● Exercise brief: Search the records for the string "answered" and report how many lines contain it, with nothing else.

Stored items:
+ + + + +
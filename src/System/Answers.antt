-- ===== src/System/Answers.antt =====
-- The answers of REST and Connect to a client that configures a device or records a metric: the
-- error middleware of http/error.go around the handlers, over the SQLite repository.
use iot_metrics.Base.{◌≡◌, refl, ◌⊎◌, inl, inr, String, List, []}
use iot_metrics.Device.Handlers.{
  connect_configure_device, connect_record_metric, echo_configure_device, echo_record_metric,
  to_configure_device, to_record_metric,
}
use iot_metrics.Device.Proto
use iot_metrics.Device.Service.{World, configure_device, record_metric}
use iot_metrics.Device.Types.{ConfigureDeviceRequest, RecordMetricRequest}
use iot_metrics.Device.Validation.Laws.{IsConfigurable, IsRecordable}
use iot_metrics.Go.Errors.{
  Error, connect, invalid_argument, internal, as_bad_request, as_echo_http, as_connect,
}
use iot_metrics.Go.Outcome.{Outcome, ok, err, panic, next, return}
use iot_metrics.Http.Response.{
  Response, no_content, json, json_error, Violations, echo_error_middleware,
  connect_error_interceptor, rest_result, connect_result, to_rest_error, to_connect_error,
  rest_error, connect_error,
}
use iot_metrics.Http.Status.{status_text}
use iot_metrics.Sqlite.Repository.{device_repository}
use iot_metrics.Sqlite.Tables.{Db}
use iot_metrics.System.Internal.{IsPlain}
use iot_metrics.System.Responses.{
  IsVerdict, done, refused, failed, record_metric-IsVerdict, configure_device-IsVerdict,
}

-- 201 without a body for a request that satisfies `P`, 400 for one that does not, and 500 for one
-- that does but met another error, of which nothing is told.
abbrev pub IsRestAnswer : {S : Type 0} → Type 0 → Outcome (Response (Unit {0})) × S → Type 0
IsRestAnswer P (ok (no_content n), s) = (n ≡ 201) × P
IsRestAnswer P (ok (json n b), s) = ⊥
IsRestAnswer P (ok (json_error n body), s) =
    ((n ≡ 400) × (body.code ≡ 400) × (¬ P))
    ⊎ ((n ≡ 500) × (body ≡ record { code = 500; text = "Internal Server Error"; details = [] }) × P)
IsRestAnswer P (err e, s) = ⊥
IsRestAnswer P (panic, s) = ⊥

-- A message for a request that satisfies `P`, `invalid_argument` for one that does not, and `internal`
-- for one that does but met another error, of which nothing is told.
abbrev pub IsConnectAnswer : {S : Type 0} → Type 0 → Outcome (Unit {0}) × S → Type 0
IsConnectAnswer P (ok _, s) = P
IsConnectAnswer P (err e, s) =
    (((details : List (String × String)) × (e ≡ connect invalid_argument "bad request" details))
      × (¬ P))
    ⊎ ((e ≡ connect internal "internal server error" []) × P)
IsConnectAnswer P (panic, s) = ⊥

module _ (order : Violations → Violations) where
  pub plain_rest :
      (e : Error)
      → IsPlain e
      → to_rest_error order e ≡ record { code = 500; text = "Internal Server Error"; details = [] }
  unfolding to_rest_error status_text
  plain_rest e h = rw (h.no_echo, h.no_violations, to_rest_error) refl

  pub plain_connect :
      (e : Error)
      → IsPlain e
      → to_connect_error order e ≡ connect internal "internal server error" []
  unfolding to_connect_error
  plain_connect e h = rw (h.no_connect, h.no_violations, to_connect_error) refl

  rest_verdict :
      {S P : Type 0} (x : Outcome (Unit {0}) × S)
      → IsVerdict P x
      → IsRestAnswer P (rest_result order (next x λ _. return (no_content 201)))
  unfolding to_rest_error rest_error as_echo_http as_bad_request
  rest_verdict _ (done s p) = (refl, p)
  rest_verdict _ (refused x xs s n) = inl (refl, refl, n)
  rest_verdict _ (failed e s h p) = rw (plain_rest e h) (inr (refl, refl, p))

  connect_verdict :
      {S P : Type 0} (x : Outcome (Unit {0}) × S)
      → IsVerdict P x
      → IsConnectAnswer P (connect_result order (next x λ _. return tt))
  unfolding to_connect_error connect_error as_connect as_bad_request
  connect_verdict _ (done s p) = p
  connect_verdict _ (refused x xs s n) = inl ((_, refl), n)
  connect_verdict _ (failed e s h p) = inr (plain_connect e h, p)

  -- A REST call that records a metric and whose request binds is answered 201 or 500 if the request is
  -- recordable and 400 if it is not, whatever the database holds and whatever fails; it neither
  -- panics nor returns an error to echo, and the body of a 500 tells nothing of its cause.
  pub record_metric-IsRestAnswer :
      {C : Type 0} (bind : C → Outcome RecordMetricRequest) (c : C) (req : RecordMetricRequest)
      (w : World Db)
      → bind c ≡ ok req
      → IsRestAnswer
          (IsRecordable req)
          (echo_error_middleware order (echo_record_metric device_repository bind) c w)
  unfolding echo_error_middleware echo_record_metric
  record_metric-IsRestAnswer bind c req w bound =
      rw bound
        (rest_verdict (record_metric device_repository req w) (record_metric-IsVerdict req w))

  -- A REST call that configures a device and whose request binds is answered 201 or 500 if the request
  -- is acceptable and 400 if it is not, under the conditions of recording a metric.
  pub configure_device-IsRestAnswer :
      {C : Type 0} (bind : C → Outcome ConfigureDeviceRequest) (c : C)
      (req : ConfigureDeviceRequest) (w : World Db)
      → bind c ≡ ok req
      → IsRestAnswer
          (IsConfigurable req)
          (echo_error_middleware order (echo_configure_device device_repository bind) c w)
  unfolding echo_error_middleware echo_configure_device
  configure_device-IsRestAnswer bind c req w bound =
      rw bound
        (rest_verdict (configure_device device_repository req w) (configure_device-IsVerdict req w))

  -- A Connect call that records a metric succeeds or fails as `internal` if the request is recordable,
  -- and fails as `invalid_argument` if it is not, whatever the database holds and whatever fails; it
  -- does not panic, and an internal error tells nothing of its cause.
  pub record_metric-IsConnectAnswer :
      (msg : Proto.RecordMetricRequest) (w : World Db)
      → IsConnectAnswer
          (IsRecordable (to_record_metric msg))
          (connect_error_interceptor order (connect_record_metric device_repository) msg w)
  unfolding connect_error_interceptor connect_record_metric
  record_metric-IsConnectAnswer msg w =
      connect_verdict (record_metric device_repository (to_record_metric msg) w)
        (record_metric-IsVerdict (to_record_metric msg) w)

  -- A Connect call that configures a device succeeds or fails as `internal` if the request is
  -- acceptable, and fails as `invalid_argument` if it is not, under the conditions of recording.
  pub configure_device-IsConnectAnswer :
      (msg : Proto.ConfigureDeviceRequest) (w : World Db)
      → IsConnectAnswer
          (IsConfigurable (to_configure_device msg))
          (connect_error_interceptor order (connect_configure_device device_repository) msg w)
  unfolding connect_error_interceptor connect_configure_device
  configure_device-IsConnectAnswer msg w =
      connect_verdict (configure_device device_repository (to_configure_device msg) w)
        (configure_device-IsVerdict (to_configure_device msg) w)
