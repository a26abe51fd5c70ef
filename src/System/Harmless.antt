-- ===== src/System/Harmless.antt =====
-- Getting a page of alerts from the SQLite repository: it may panic, and its errors are plain.
use iot_metrics.Base.{
  inl, inr, String, List, [], ◌∷◌, Bool-cases, Option, none, some, ℤ, pos, eqb_ℤ, length, last?,
  drop_last,
}
use iot_metrics.Device.Service.{World, inside}
use iot_metrics.Device.Types.{Timeframe, RepositoryPageToken}
use iot_metrics.Go.Errors.{as_bad_request, as_echo_http, as_connect}
use iot_metrics.Go.Outcome.{Outcome, ok, err, panic, Call, next, wrap_error}
use iot_metrics.Go.Time.{Time}
use iot_metrics.Sqlite.Queries
use iot_metrics.Sqlite.Repository
use iot_metrics.Sqlite.Repository.{
  device_repository, paged, split_peeked, to_alert, cursor, page_params, with_last, peeked,
}
use iot_metrics.Sqlite.Tables.{Row, AlertValues, Db, Fault, run_next}
use iot_metrics.System.Internal.{IsPlain, IsPlain-fault}

-- A call whose errors, if any, are plain; it may panic.
abbrev pub IsHarmless : {A : Type 0} → Outcome A → Type 0
IsHarmless (ok a) = Unit
IsHarmless (err e) = IsPlain e
IsHarmless panic = Unit

pub next-IsHarmless :
    {S A B : Type 0} (x : Outcome A × S) (k : A → Call S B)
    → IsHarmless x.0
    → ((a : A) (s : S) → IsHarmless (k a s).0)
    → IsHarmless (next x k).0
next-IsHarmless (ok a, s) k h f = f a s
next-IsHarmless (err e, s) k h f = h
next-IsHarmless (panic, s) k h f = tt

pub wrapped-IsHarmless :
    {S A : Type 0} (text : String) (w : World S) (x : Outcome A × S)
    → IsHarmless x.0
    → IsHarmless (wrap_error text (inside w x)).0
unfolding as_bad_request as_echo_http as_connect
wrapped-IsHarmless text w (ok a, s) h = tt
wrapped-IsHarmless text w (err e, s) h = record {
  no_violations = h.no_violations;
  no_echo = h.no_echo;
  no_connect = h.no_connect;
}
wrapped-IsHarmless text w (panic, s) h = tt

query-IsHarmless :
    (p : Queries.PageParams) (db : Db) → IsHarmless (Queries.get_device_alerts p db).0
unfolding Queries.get_device_alerts
query-IsHarmless p db = go db.faults
  where
    go :
        (faults : List (Option Fault))
        → IsHarmless (run_next faults (λ d. (ok (Queries.select_page p d.alerts.rows), d)) db).0
    go [] = tt
    go (none ∷ rest) = tt
    go (some f ∷ rest) = IsPlain-fault f

with_last-IsHarmless :
    (rows : List (Row AlertValues)) (o : Option (Row AlertValues))
    → IsHarmless (paged to_alert (with_last rows o))
with_last-IsHarmless rows none = tt
with_last-IsHarmless rows (some row) = tt

peeked-IsHarmless : (rows : List (Row AlertValues)) → IsHarmless (paged to_alert (peeked rows))
peeked-IsHarmless [] = tt
peeked-IsHarmless (x ∷ xs) = with_last-IsHarmless _ (last? (drop_last (x ∷ xs)))

paged-IsHarmless :
    (rows : List (Row AlertValues)) (limit : ℤ)
    → IsHarmless (paged to_alert (split_peeked rows limit))
unfolding split_peeked
paged-IsHarmless rows limit = elim (Bool-cases (eqb_ℤ (pos (length rows)) limit)) [
  | inl e ↦ rw e (peeked-IsHarmless rows)
  | inr e ↦ rw e tt
]

pub get_alerts-IsHarmless :
    (id : String) (tf : Timeframe) (size : ℤ) (token : Option RepositoryPageToken) (db : Db)
    → IsHarmless (Repository.get_device_alerts id tf (record { size = size; token = token }) db).0
unfolding Repository.get_device_alerts
get_alerts-IsHarmless id tf size none db =
    next-IsHarmless (Queries.get_device_alerts _ db) _ (query-IsHarmless _ db)
      (λ rows d. paged-IsHarmless rows _)
get_alerts-IsHarmless id tf size (some t) db = go t.last_time
  where
    go :
        (lt : Option Time)
        → IsHarmless
            (Repository.get_device_alerts id tf
              (record { size = size; token = some (record t { last_time = lt }) })
              db).0
    go none = tt
    go (some time) =
        next-IsHarmless (Queries.get_device_alerts _ db) _ (query-IsHarmless _ db)
          (λ rows d. paged-IsHarmless rows _)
+ + + + +
● Your response: 2